**Task item**. Set down exactly the lines of the listing below, please, beginning with the first and ending with the line that holds "-- What of a".

**Extracted data**.
-- ===== src/Firmware/Silence.antt =====
-- Bidirectional telemetry in the whole firmware: the flag `dshot_telemetry` of rm32/src/shared_state.rs has a
-- setter that nothing calls.
use rm32_private.Base.{
  ℕ, ◌≡◌, refl, ap, ◌∙◌, Bool, true, false, ◌&&◌, Option, none, some, List, [], ◌∷◌, ◌++◌, ltb,
  ◌!=◌, if◌then◌else◌,
}
use mathlib.Core.Path.{ap₂}
use rm32_private.Shared.{is_armed, is_stepper_sine}
use rm32_private.Input.Untouched.{tick_input-telemetry}
use rm32_private.Sensors.{FixedPoint}
use rm32_private.MainLoop.Tick.{tick_input}
use rm32_private.Crsf.{
  Outcome, waiting, finished, panics, channels, other_frame, bad_crc, incomplete, feed,
}
use rm32_private.Drivers.Capture.{CaptureCall, GenericCapture, receive_dshot_dma}
use rm32_private.Transfer.{
  TransferAction, dshot, servo_input, no_action, servo_calibrating, input_detected, dshot_throttle,
  dshot_command, servo_throttle, process,
}
use rm32_private.Firmware.{
  IsrState, Interrupt, handle_tim6, handle_tim14, handle_comp, handle_dma_tc, handle_exti_frame,
  handle_crsf_byte, after_feed, take_channels, act_on, run_command, pass_edt, set_frametime,
  frame_inputs, answer,
}
use rm32_private.Firmware.Quiet.{
  handle_tim6-telemetry, handle_tim14-telemetry, handle_comp-telemetry,
}
use rm32_private.Firmware.Input.{handle_exti_frame-telemetry}
use rm32_private.Firmware.Loop.{tick-telemetry}
use rm32_private.Firmware.System.{
  System, Part, Step, edges, tim6, tim14, comp, dma_tc, exti_frame, crsf_byte, main_loop, Run, here,
  then_step, as_world, sine, input, iteration, arming, failing, priorities, saving, informing,
  sleeping,
}
use rm32_private.Firmware.Boot.{Board, Chip, Machine, tim1_autoreload, set_compare}
use rm32_private.Firmware.Body.{
  step_sine, after_sine, signal_arming, signal_error, prioritize, save, send_info, if_present,
}
use rm32_private.Config.{motor_poles, sine_mode_power, stuck_rotor_protection}
use rm32_private.MotorMode.{exit_sine}
use rm32_private.Sine.{SineStepResult, continue, changeover, idle, sine_step}
use rm32_private.Shared.Untouched.{transition-telemetry}
use rm32_private.Base.Int.{pos}

-- What of a capture decides its wire: its direction, the answer it holds, and the calls to the DMA
-- channel and the timer. The captured edges are left out.
abbrev pub line_of : GenericCapture → Bool × List ℕ × List CaptureCall
line_of c = (c.out_put, c.gcr_buf, c.calls)

-- The flag and that.
abbrev pub wire : Interrupt → Bool × (Bool × List ℕ × List CaptureCall)
wire m = ((m.shared).dshot_telemetry, line_of (m.state).input)

act_on-input : (a : TransferAction) (m : Interrupt) → ((act_on a m).state).input ≡ (m.state).input
unfolding act_on run_command pass_edt
act_on-input no_action m = refl
act_on-input (input_detected dshot) m = refl
act_on-input (input_detected servo_input) m = refl
act_on-input (dshot_throttle value telemetry) m = refl
act_on-input (dshot_command cmd telemetry) m = refl
act_on-input (servo_throttle value) m = refl
act_on-input servo_calibrating m = refl

set_frametime-input : (o : Option (ℕ × ℕ)) (st : IsrState) → (set_frametime o st).input ≡ st.input
set_frametime-input none st = refl
set_frametime-input (some (low, high)) st = refl

handle_exti_frame-input :
    (pin_high : Bool) (m : Interrupt)
    → ((handle_exti_frame pin_high m).state).input ≡ (m.state).input
unfolding handle_exti_frame
handle_exti_frame-input pin_high m =
    let t =
      process (frame_inputs pin_high m) ((m.state).input).dma_buf (m.shared).zero_input_count
        (m.state).transfer in
    let stored = record m {
      state = record (m.state) { transfer = t.0.state };
      shared = record (m.shared) { zero_input_count = t.0.zero_input_count };
    } in
    set_frametime-input t.1 (act_on t.0.action stored).state ∙ act_on-input t.0.action stored

take_channels-wire : (o : Outcome) (m : Interrupt) → wire (take_channels o m) ≡ wire m
unfolding take_channels
take_channels-wire (finished (channels values)) m = refl
take_channels-wire (finished (other_frame n)) m = refl
take_channels-wire (finished bad_crc) m = refl
take_channels-wire (finished incomplete) m = refl
take_channels-wire waiting m = refl
take_channels-wire panics m = refl

fed : List ℕ → Outcome → Interrupt → Interrupt
fed buf o m = take_channels o (record m { state = record (m.state) { crsf = buf } })

fed-wire :
    (buf : List ℕ) (o : Outcome) (m n : Interrupt) → some (fed buf o m) ≡ some n → wire n ≡ wire m
unfolding fed
fed-wire buf o m n e =
    let same : n ≡ fed buf o m = cc in
    ap wire same ∙ take_channels-wire o (record m { state = record (m.state) { crsf = buf } })

after_feed-wire :
    (buf : List ℕ) (o : Outcome) (m n : Interrupt)
    → after_feed (buf, o) m ≡ some n
    → wire n ≡ wire m
unfolding after_feed fed
after_feed-wire buf panics m n e = cc
after_feed-wire buf waiting m n e = fed-wire buf waiting m n e
after_feed-wire buf (finished r) m n e = fed-wire buf (finished r) m n e

no_conjunction : (a b : Bool) → b ≡ false → (a && b) ≡ false
no_conjunction true b h = h
no_conjunction false b h = refl

skipped : (b : Bool) (x m : Interrupt) → b ≡ false → (if b then x else m) ≡ m
skipped b x m h = rw h refl

handle_dma_tc-skips :
    (gcr_shift : ℕ) (m : Interrupt)
    → (m.shared).dshot_telemetry ≡ false
    → handle_dma_tc gcr_shift m ≡ m
unfolding handle_dma_tc
handle_dma_tc-skips gcr_shift m h =
    skipped (is_armed m.shared && (m.shared).dshot_telemetry)
      (record m {
        state =
            if ((m.state).input).out_put
            then record (m.state) { input = receive_dshot_dma ((m.state).input) }
            else answer gcr_shift m.shared m.state;
      })
      m (no_conjunction (is_armed m.shared) (m.shared).dshot_telemetry h)

module _ {U : Type 0} (fixed : FixedPoint U) (board : Board) (chip : Chip) where
  after_sine-telemetry :
      (r : SineStepResult) (m : Machine U)
      → ((after_sine r m).shared).dshot_telemetry ≡ (m.shared).dshot_telemetry
  unfolding after_sine
  after_sine-telemetry (continue d) m = refl
  after_sine-telemetry (changeover i n) m = transition-telemetry exit_sine m.shared
  after_sine-telemetry idle m = refl

  kept :
      (b : Bool) (n m : Machine U)
      → (n.shared).dshot_telemetry ≡ (m.shared).dshot_telemetry
      → ((if b then n else m).shared).dshot_telemetry ≡ (m.shared).dshot_telemetry
  kept true n m h = h
  kept false n m h = refl

  step_sine-telemetry :
      (m : Machine U)
      → ((step_sine board chip m).shared).dshot_telemetry ≡ (m.shared).dshot_telemetry
  unfolding step_sine
  step_sine-telemetry m =
      let (positions, result, (ch1, ch2, ch3)) =
        sine_step (m.shared).newinput (is_armed m.shared) true (motor_poles (m.main).config) 5
          (pos board.dead_time) (tim1_autoreload chip) (sine_mode_power (m.main).config)
          m.positions in
      let compares = if_present (m.globals).isr_state (set_compare ch1 ch2 ch3 ∷ []) in
      let n : Machine U = record m { positions = positions; sent = m.sent ++ compares } in
      kept (is_stepper_sine m.shared) (after_sine result n) m (after_sine-telemetry result n)

  Part-telemetry :
      {m n : Machine U}
      → Part fixed board chip m n
      → (n.shared).dshot_telemetry ≡ (m.shared).dshot_telemetry
  unfolding tick_input signal_arming signal_error prioritize save send_info
  Part-telemetry (sine m) = step_sine-telemetry m
  Part-telemetry (input m) =
      tick_input-telemetry ((m.main).config)
        (record { shared = m.shared; protection = (m.main).protection; state = m.input_state })
  Part-telemetry (iteration m adc) = tick-telemetry fixed adc (as_world m)
  Part-telemetry (arming m) = kept (m.main).just_armed _ m refl
  Part-telemetry (failing m) =
      kept
        (board.has_led
          && ltb ((m.main).protection).bemf_timeout ((m.main).protection).bemf_timeout_happened
          && (stuck_rotor_protection (m.main).config != 0))
        _ m refl
  Part-telemetry (priorities m) = refl
  Part-telemetry (saving m) = kept (m.shared).save_settings_flag _ m refl
  Part-telemetry (informing m) = kept (m.shared).send_esc_info_flag _ m refl
  Part-telemetry (sleeping m) = refl

module _ {U : Type 0} (fixed : FixedPoint U) (board : Board) (chip : Chip)
    (push : List ℕ → ℕ → Option (List ℕ)) (gcr_shift : ℕ) where
  Step-wire :
      {s t : System U}
      → Step fixed board chip push gcr_shift s t
      → ((s.interrupt).shared).dshot_telemetry ≡ false
      → wire t.interrupt ≡ wire s.interrupt
  unfolding handle_tim6 handle_tim14 handle_comp handle_crsf_byte
  Step-wire (edges s times) h = refl
  Step-wire (tim6 s reads) h =
      ap (λ b. (b, line_of ((s.interrupt).state).input)) (handle_tim6-telemetry reads s.interrupt)
  Step-wire (tim14 s) h =
      ap (λ b. (b, line_of ((s.interrupt).state).input)) (handle_tim14-telemetry s.interrupt)
  Step-wire (comp s levels count) h =
      ap (λ b. (b, line_of ((s.interrupt).state).input))
        (handle_comp-telemetry levels count s.interrupt)
  Step-wire (dma_tc s) h = ap wire (handle_dma_tc-skips gcr_shift s.interrupt h)
  Step-wire (exti_frame s pin_high) h =
      ap₂ (λ b i. (b, line_of i)) (handle_exti_frame-telemetry pin_high s.interrupt)
        (handle_exti_frame-input pin_high s.interrupt)
  Step-wire (crsf_byte s byte m e) h =
      after_feed-wire ((feed push ((s.interrupt).state).crsf byte).0)
        ((feed push ((s.interrupt).state).crsf byte).1) s.interrupt m e
  Step-wire (main_loop s m p) h =
      ap (λ b. (b, line_of ((s.interrupt).state).input)) (Part-telemetry fixed board chip p)

  -- The firmware never answers on the signal wire: from a state with the flag of bidirectional telemetry
  -- off, as it is at the start, no run of interrupts and of parts of the main loop, in whatever order,
  -- with whatever edges captured and bytes received that do not make a handler panic, puts it on. Nor
  -- does one turn the wire round, change the answer that is held, or call the DMA channel or the timer.
  pub Run-silent :
      {s t : System U}
      → ((s.interrupt).shared).dshot_telemetry ≡ false
      → Run fixed board chip push gcr_shift s t
      → (((t.interrupt).shared).dshot_telemetry ≡ false)
        × ((((t.interrupt).state).input).out_put ≡ (((s.interrupt).state).input).out_put)
        × ((((t.interrupt).state).input).gcr_buf ≡ (((s.interrupt).state).input).gcr_buf)
        × ((((t.interrupt).state).input).calls ≡ (((s.interrupt).state).input).calls)
  Run-silent h here = (h, refl, refl, refl)
  Run-silent h (then_step r st) =
      let before = Run-silent h r in
      let same = Step-wire st before.0 in
      (
        ap (λ p. p.0) same ∙ before.0,
        ap (λ p. p.1.0) same ∙ before.1,
        ap (λ p. p.1.1) same ∙ before.2,
        ap (λ p. p.1.2) same ∙ before.3,
      )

**Result of this task**.
-- ===== src/Firmware/Silence.antt =====
-- Bidirectional telemetry in the whole firmware: the flag `dshot_telemetry` of rm32/src/shared_state.rs has a
-- setter that nothing calls.
use rm32_private.Base.{
  ℕ, ◌≡◌, refl, ap, ◌∙◌, Bool, true, false, ◌&&◌, Option, none, some, List, [], ◌∷◌, ◌++◌, ltb,
  ◌!=◌, if◌then◌else◌,
}
use mathlib.Core.Path.{ap₂}
use rm32_private.Shared.{is_armed, is_stepper_sine}
use rm32_private.Input.Untouched.{tick_input-telemetry}
use rm32_private.Sensors.{FixedPoint}
use rm32_private.MainLoop.Tick.{tick_input}
use rm32_private.Crsf.{
  Outcome, waiting, finished, panics, channels, other_frame, bad_crc, incomplete, feed,
}
use rm32_private.Drivers.Capture.{CaptureCall, GenericCapture, receive_dshot_dma}
use rm32_private.Transfer.{
  TransferAction, dshot, servo_input, no_action, servo_calibrating, input_detected, dshot_throttle,
  dshot_command, servo_throttle, process,
}
use rm32_private.Firmware.{
  IsrState, Interrupt, handle_tim6, handle_tim14, handle_comp, handle_dma_tc, handle_exti_frame,
  handle_crsf_byte, after_feed, take_channels, act_on, run_command, pass_edt, set_frametime,
  frame_inputs, answer,
}
use rm32_private.Firmware.Quiet.{
  handle_tim6-telemetry, handle_tim14-telemetry, handle_comp-telemetry,
}
use rm32_private.Firmware.Input.{handle_exti_frame-telemetry}
use rm32_private.Firmware.Loop.{tick-telemetry}
use rm32_private.Firmware.System.{
  System, Part, Step, edges, tim6, tim14, comp, dma_tc, exti_frame, crsf_byte, main_loop, Run, here,
  then_step, as_world, sine, input, iteration, arming, failing, priorities, saving, informing,
  sleeping,
}
use rm32_private.Firmware.Boot.{Board, Chip, Machine, tim1_autoreload, set_compare}
use rm32_private.Firmware.Body.{
  step_sine, after_sine, signal_arming, signal_error, prioritize, save, send_info, if_present,
}
use rm32_private.Config.{motor_poles, sine_mode_power, stuck_rotor_protection}
use rm32_private.MotorMode.{exit_sine}
use rm32_private.Sine.{SineStepResult, continue, changeover, idle, sine_step}
use rm32_private.Shared.Untouched.{transition-telemetry}
use rm32_private.Base.Int.{pos}

-- What of a capture decides its wire: its direction, the answer it holds, and the calls to the DMA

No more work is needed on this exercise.